* [Task] State how many lines in the listing below include the string "concrete". The answer is the number alone.

* [Data in this exercise]
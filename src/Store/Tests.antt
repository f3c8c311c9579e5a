-- ===== src/Store/Tests.antt =====
-- store.py: the theorems and the code at concrete batches.
use Prim.Native.String
use aws_ops_monitor.Prelude.{
  other_error, ℕ, ◌+◌, ◌*◌, ◌≡◌, refl, ◌↔◌, ◌⊎◌, Bool, String, true, false, some, List, [], ◌∷◌,
  map, Result, ok, err, Error, arith,
}
use aws_ops_monitor.Prelude.Int.{pos}
use aws_ops_monitor.Prelude.Float.{whole, micro}
use aws_ops_monitor.Prelude.Text.{take_text, count, any_code, join_nul}
use aws_ops_monitor.Models.{sqlite_integer_max, int, Labels, CounterObservation, CounterResult}
use aws_ops_monitor.Models.Checks.{IsCounterObservation}
use aws_ops_monitor.Store.{Tables, Codec, Cursor, Rollup, empty_tables}
use aws_ops_monitor.Store.Counters.{find_cursor, upsert_cursor, judge, detects_reset}
use aws_ops_monitor.Store.Batch.{
  counter_key, key_of, gauge_row, health_row, counter_row, cursor_of, counter_result, write_counter,
  record_one, record_counters, insert_gauges, insert_healths, batch_body, record_batch,
}
use aws_ops_monitor.Store.Keys.{counter_key-injective}
use aws_ops_monitor.Store.Verdicts.{last_in, MayFollow, expected, judge-ok_iff}
use aws_ops_monitor.Store.History.{AllFollow, expected_results, memory}
use aws_ops_monitor.Store.Recorded.{after_batch, record_batch-all_or_nothing}
use aws_ops_monitor.Store.Growth.{total_delta, record_batch-total_delta}
use aws_ops_monitor.Store.Retention.{
  merge_rollup, merge_all, same_bucket, add_rollup, rollup_of, group_rows, delete_before, retain,
  Cutoffs, apply_retention, sums_fit, retention_cutoffs, finite_now, days_between, cutoffs,
}
use aws_ops_monitor.Store.Retention.Conservation.{bucket_total, retain_conserves}
use aws_ops_monitor.Store.Retention.Repeat.{no_counts, retain_idempotent}
use aws_ops_monitor.Store.Retention.Effects.{record_batch-retain}
use aws_ops_monitor.Store.Invariant.{IsSound}
use aws_ops_monitor.Store.Reachable.{created, batch, retention, Reaches-IsSound}

abbrev plain_labels : Labels → String
plain_labels [] = ""
plain_labels ((k, v) ∷ ls) = String.◌++◌ k (String.◌++◌ "=" (String.◌++◌ v (plain_labels ls)))

-- a codec that can be run: labels as they stand, and no hashing
abbrev codec : Codec
codec = record { dump_labels = plain_labels; dump_details = λ _. "{}"; sha256 = λ s. s }

abbrev at : ℕ → ℕ → String → CounterObservation
at t v boot = record {
  observed_at = t * micro;
  source = "host";
  name = "cpu_total_jiffies";
  value = v;
  reset_id = boot;
  labels = ("host", "edge-1") ∷ [];
}

abbrev first : CounterObservation
first = at 100 10 "boot-1"

abbrev key : String
key = "host\0cpu_total_jiffies\0host=edge-1"

code_runs : Unit {0}
unfolding find_cursor upsert_cursor judge detects_reset counter_key key_of gauge_row health_row
    counter_row cursor_of counter_result write_counter record_one record_counters insert_gauges
    insert_healths batch_body record_batch join_nul merge_rollup merge_all same_bucket add_rollup
    rollup_of group_rows delete_before retain
code_runs = tt

abbrev results : Result (List CounterResult) → List CounterResult
results (ok rs) = rs
results (err e) = []

-- the delta of a second observation, and a reset that gives none
batch_deltas :
    map {B = ℕ × Bool × Bool}
      (λ r. (r.delta, r.is_baseline, r.is_reset))
      (results
        (record_batch codec []
          (first ∷ at 130 17 "boot-1" ∷ at 160 3 "boot-2" ∷ [])
          []
          empty_tables).0)
    ≡ (0, true, false) ∷ (7, false, false) ∷ (0, false, true) ∷ []
unfolding code_runs
batch_deltas = refl

first-IsCounterObservation : IsCounterObservation first
unfolding count any_code
first-IsCounterObservation = record {
  source_part = (refl, omega arith, refl);
  name_part = (refl, omega arith, refl);
  reset_part = (refl, omega arith, refl);
  few_labels = omega arith;
  label_parts = (((refl, omega arith, refl), (omega arith, refl)), tt);
  in_range = omega arith;
}

-- a digest that is shorter than the text, as one of SHA-256 can be, and so collides on others
abbrev short_codec : Codec
short_codec = record codec { sha256 = take_text 32 }

abbrev second : CounterObservation
second = at 130 17 "boot-2"

second-IsCounterObservation : IsCounterObservation second
unfolding count any_code
second-IsCounterObservation = record {
  source_part = (refl, omega arith, refl);
  name_part = (refl, omega arith, refl);
  reset_part = (refl, omega arith, refl);
  few_labels = omega arith;
  label_parts = (((refl, omega arith, refl), (omega arith, refl)), tt);
  in_range = omega arith;
}

counter_key-injective_example :
    (first.source ≡ second.source)
    × (first.name ≡ second.name)
    × (short_codec.dump_labels first.labels ≡ short_codec.dump_labels second.labels)
unfolding code_runs
counter_key-injective_example =
    counter_key-injective short_codec first second (λ e. refl) first-IsCounterObservation
      second-IsCounterObservation refl

-- one observation recorded
abbrev one : Tables
one = (record_batch codec [] (first ∷ []) [] empty_tables).1

abbrev cursor : Cursor
cursor = cursor_of codec first

judge-ok_iff_example :
    (judge (some cursor) (at 130 17 "boot-1")
      ≡ ok (record { is_baseline = false; is_reset = false; delta = 7 }))
    ↔ (MayFollow (last_in (some cursor)) (at 130 17 "boot-1")
        × (record { is_baseline = false; is_reset = false; delta = 7 }
            ≡ expected (last_in (some cursor)) (at 130 17 "boot-1")))
judge-ok_iff_example =
    judge-ok_iff (some cursor) (at 130 17 "boot-1")
      (record { is_baseline = false; is_reset = false; delta = 7 })

record_batch-all_or_nothing_example :
    (AllFollow codec (memory codec one) (at 130 17 "boot-1" ∷ [])
      × (record_batch codec [] (at 130 17 "boot-1" ∷ []) [] one ≡ (
        ok (expected_results codec (memory codec one) (at 130 17 "boot-1" ∷ [])),
        after_batch codec [] (at 130 17 "boot-1" ∷ []) [] one,
      )))
    ⊎ ((¬ AllFollow codec (memory codec one) (at 130 17 "boot-1" ∷ []))
        × ((e : Error) × (record_batch codec [] (at 130 17 "boot-1" ∷ []) [] one ≡ (err e, one))))
record_batch-all_or_nothing_example =
    record_batch-all_or_nothing codec [] (at 130 17 "boot-1" ∷ []) [] one

-- two more observations of one counter, after the first was recorded
climb_recorded : record_batch codec [] (at 130 17 "boot-1" ∷ at 160 20 "boot-1" ∷ []) [] one ≡ (
  ok (results (record_batch codec [] (at 130 17 "boot-1" ∷ at 160 20 "boot-1" ∷ []) [] one).0),
  (record_batch codec [] (at 130 17 "boot-1" ∷ at 160 20 "boot-1" ∷ []) [] one).1,
)
unfolding code_runs
climb_recorded = refl

abbrev one_cursor : Cursor
one_cursor = cursor_of codec first

record_batch-total_delta_example :
    10
      + total_delta codec key "boot-1"
          (results (record_batch codec [] (at 130 17 "boot-1" ∷ at 160 20 "boot-1" ∷ []) [] one).0)
    ≡ 20
unfolding code_runs
record_batch-total_delta_example =
    record_batch-total_delta codec key "boot-1" [] (at 130 17 "boot-1" ∷ at 160 20 "boot-1" ∷ []) []
      one (record_batch codec [] (at 130 17 "boot-1" ∷ at 160 20 "boot-1" ∷ []) [] one).1 one_cursor
      (results (record_batch codec [] (at 130 17 "boot-1" ∷ at 160 20 "boot-1" ∷ []) [] one).0) refl
      refl ((refl, refl, omega arith), ((refl, refl, omega arith), tt)) climb_recorded

-- now is 100 days after the epoch, 7 and 60 days are kept
abbrev cuts : Cutoffs
cuts = record { raw = 93 * 86400 * micro; rollup = 40 * 86400 * micro }

abbrev bucket : Rollup
bucket = record {
  bucket_start = 50 * 86400;
  source = "host";
  name = "cpu_total_jiffies";
  labels_json = "host=edge-1";
  delta_value = 0;
  reset_count = 0;
}

abbrev old : Tables
old =
    (record_batch codec [] (at 4320000 10 "boot-1" ∷ at 4320060 15 "boot-1" ∷ []) [] empty_tables).1

retain_conserves_example :
    (bucket_total (λ r. r.delta_value) bucket (retain cuts old).1
      ≡ bucket_total (λ r. r.delta_value) bucket old)
    × (bucket_total (λ r. r.reset_count) bucket (retain cuts old).1
        ≡ bucket_total (λ r. r.reset_count) bucket old)
retain_conserves_example = retain_conserves bucket cuts old (omega arith)

-- the five units of the two samples are in the rollup, and the samples are gone
retain_compacts :
    ((retain cuts old).1.counter_hourly_rollups ≡ record bucket { delta_value = 5 } ∷ [])
    × ((retain cuts old).1.counter_samples ≡ [])
unfolding code_runs
retain_compacts = (refl, refl)

retain_idempotent_example : retain cuts (retain cuts old).1 ≡ (no_counts, (retain cuts old).1)
retain_idempotent_example = retain_idempotent cuts old

-- two climbs to the largest value within an hour, with a reset between them
abbrev large : Tables
large =
    (record_batch codec []
      (at 4320000 0 "boot-1"
        ∷ at 4320010 sqlite_integer_max "boot-1"
        ∷ at 4320020 0 "boot-2"
        ∷ at 4320030 sqlite_integer_max "boot-2"
        ∷ [])
      [] empty_tables).1

sum_overflows :
    apply_retention (whole 8640000) (int (pos 7)) (int (pos 60)) large ≡ (err other_error, large)
unfolding code_runs apply_retention sums_fit retention_cutoffs finite_now days_between cutoffs
sum_overflows = refl

record_batch-retain_example :
    (record_batch codec [] (at 4320090 21 "boot-1" ∷ []) [] (retain cuts old).1).0
    ≡ (record_batch codec [] (at 4320090 21 "boot-1" ∷ []) [] old).0
record_batch-retain_example = record_batch-retain codec [] (at 4320090 21 "boot-1" ∷ []) [] cuts old

Reaches-IsSound_example :
    IsSound (apply_retention (whole 8640000) (int (pos 7)) (int (pos 60)) one).1
Reaches-IsSound_example =
    Reaches-IsSound codec
      (retention (batch created [] (first ∷ []) []) (whole 8640000) (int (pos 7)) (int (pos 60)))
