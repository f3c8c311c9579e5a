-- ===== src/Xray/Tests.antt =====
-- collectors/xray.py: the theorems at concrete outputs of `docker`.
use aws_ops_monitor.Prelude.{
  Option, Error, ◌⊎◌, err, other_error, ok, ◌≡◌, refl, ◌↔◌, some, List, [], ◌∷◌, All, length, ok,
  err, other_error,
}
use aws_ops_monitor.Prelude.Float.{infinity}
use aws_ops_monitor.Prelude.Json.{float}
use aws_ops_monitor.Models.{CounterObservation, healthy}
use aws_ops_monitor.Collector.Observations.{xray_observations}
use aws_ops_monitor.Xray.{CommandResult}
use aws_ops_monitor.Xray.Stats.{int_of}
use aws_ops_monitor.Xray.Container.{reset_identity}
use aws_ops_monitor.Xray.Collect.{container_of, collect}
use aws_ops_monitor.Xray.Keys.{UniqueKeys}
use aws_ops_monitor.Xray.Counters.{IsTraffic, parse_xray_stats-IsTraffic}
use aws_ops_monitor.Xray.Outcomes.{Outcome, Counted}
use aws_ops_monitor.Xray.States.{Stops, IsUp, collect-outcome, collect-healthy_iff}
use aws_ops_monitor.Xray.Convert.{collect-xray_observations}
use aws_ops_monitor.Xray.Sample.{
  world, key, output, stats, inspect, alice, parsed, printable, snapshot, collected,
}

parse_xray_stats-IsTraffic_example :
    All (IsTraffic world key) (alice ∷ []) × UniqueKeys (alice ∷ [])
parse_xray_stats-IsTraffic_example = parse_xray_stats-IsTraffic world key output (alice ∷ []) parsed

collect-outcome_example :
    ((i c : Option CommandResult) × (ok inspect ≡ ok i)
      × (ok stats ≡ ok c)
      × Outcome world key
          (container_of i)
          c
          (reset_identity world (container_of i).reset_material)
          9
          (collect world key 9 (ok inspect) (ok stats)))
    ⊎ ((e : Error) × Stops (ok inspect) (ok stats) e
        × (collect world key 9 (ok inspect) (ok stats) ≡ err e))
collect-outcome_example = collect-outcome world key 9 (ok inspect) (ok stats)

-- an output that is not UTF-8 ends the collection
undecoded : collect world key 9 (ok inspect) (err other_error) ≡ err other_error
unfolding collect
undecoded = refl

collect-healthy_iff_example :
    (i c : Option CommandResult) × (ok inspect ≡ ok i)
    × (ok stats ≡ ok c)
    × ((snapshot.health.state ≡ healthy)
        ↔ (Counted world key c snapshot.counters × IsUp (container_of i)))
collect-healthy_iff_example =
    collect-healthy_iff world key 9 (ok inspect) (ok stats) snapshot collected

collect-xray_observations_example :
    (os : List CounterObservation) × (xray_observations snapshot ≡ ok os)
    × (length os ≡ length snapshot.counters)
collect-xray_observations_example =
    collect-xray_observations world printable key 9 (ok inspect) (ok stats) snapshot collected

-- The conversion of an infinite number raises `OverflowError`, which ends the parsing.
infinite_value : int_of (some (float infinity)) ≡ err other_error
unfolding int_of
infinite_value = refl
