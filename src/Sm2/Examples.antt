-- ===== src/Sm2/Examples.antt =====
-- The theorems about the package sm2 at concrete inputs.
use gmsm.Common.{
  ◌+◌, ◌*◌, ◌/◌, ◌%◌, ◌^◌, ◌≡◌, refl, [], ◌∷◌, ◌++◌, length, arith, to_bytes, from_bytes, false,
  none,
}
use gmsm.Common.{ok, err}
use gmsm.Sm3.Spec.{hash}
use gmsm.Sm2.Curve.{external, Point, rand_field_element, read_full, field_element}
use gmsm.Sm2.Signature.{Signature, sign_number, sign_loop, drawn_r, verify_number}
use gmsm.Sm2.Buffers.{zero_byte_slice}
use gmsm.Sm2.Hash.{a, b, gx, gy, za}
use gmsm.Sm2.Identity.{za_standard, field_bytes}
use gmsm.Sm2.BadDraw.{sign_bad_draw}
use gmsm.Sm2.Fuel.{sign_loop_enough}
use gmsm.Sm2.Encryption.{kdf, encrypt_round, encrypt, Padded}
use gmsm.Sm2.KeyStream.{stream, nonzero, kdf-stream}
use gmsm.Sm2.EncryptLoop.{encrypt_empty}
use gmsm.Sm2.Runs.{seven, inverse, draw_of, signed, verify-sign_run, priv, text, uid}

first_draw : rand_field_element seven (draw_of 2) ≡ ok (3, [])
unfolding rand_field_element read_full field_element from_bytes
first_draw = refl

first_r : drawn_r seven 0 3 + 3 ≡ 7
unfolding drawn_r to_bytes from_bytes
first_r = refl

sign_bad_draw_example :
    (sig : Signature) × (sign_number inverse seven 2 0 (draw_of 2) ≡ ok (sig, []))
    × ((p : Point) → verify_number seven p 0 sig ≡ false)
sign_bad_draw_example =
    sign_bad_draw inverse seven 2 0 3 (draw_of 2) [] (omega arith) refl first_draw first_r

sign_loop-IsSigned_run : sign_loop inverse 8 seven 2 0 (draw_of 1) ≡ ok (signed, [])
unfolding sign_number
sign_loop-IsSigned_run = verify-sign_run

sign_loop_enough_example :
    sign_loop inverse 8 seven 2 0 (draw_of 1) ≡ sign_loop inverse 100 seven 2 0 (draw_of 1)
sign_loop_enough_example =
    sign_loop_enough inverse 8 100 seven 2 0 (draw_of 1) (omega arith) (omega arith) (omega arith)

kdf-stream_example :
    kdf text uid 33 ≡ ok (stream 33 (text ++ uid), nonzero (stream 33 (text ++ uid)))
kdf-stream_example = kdf-stream text uid 33

abbrev near : Point
near = record { x = 5; y = 2 ^ 255 }

near_size : length (to_bytes near.y) ≡ 32
unfolding to_bytes
near_size = refl

za_standard_example :
    (za zero_byte_slice near uid).1
    ≡ ok (
        hash (
          (8 * length uid / 2 ^ 8) ∷ (8 * length uid % 2 ^ 8) ∷ uid
          ++ (field_bytes a
              ++ (field_bytes b
                  ++ (field_bytes gx
                      ++ (field_bytes gy ++ (field_bytes near.x ++ field_bytes near.y)))))))
za_standard_example = za_standard near uid (omega arith) (omega arith) near_size

abbrev buffers : Padded
buffers = record {
  store = zero_byte_slice;
  x1 = zero_byte_slice;
  y1 = zero_byte_slice;
  x2 = text;
  y2 = uid;
}

encrypt_empty_example :
    ((p : Padded) → encrypt_round p [] ≡ ok none)
    × ((encrypt zero_byte_slice seven priv.public_key [] (draw_of 2)).1 ≡ err external)
encrypt_empty_example =
    encrypt_empty zero_byte_slice seven priv.public_key (draw_of 2) (omega arith)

* [Output of the task] 3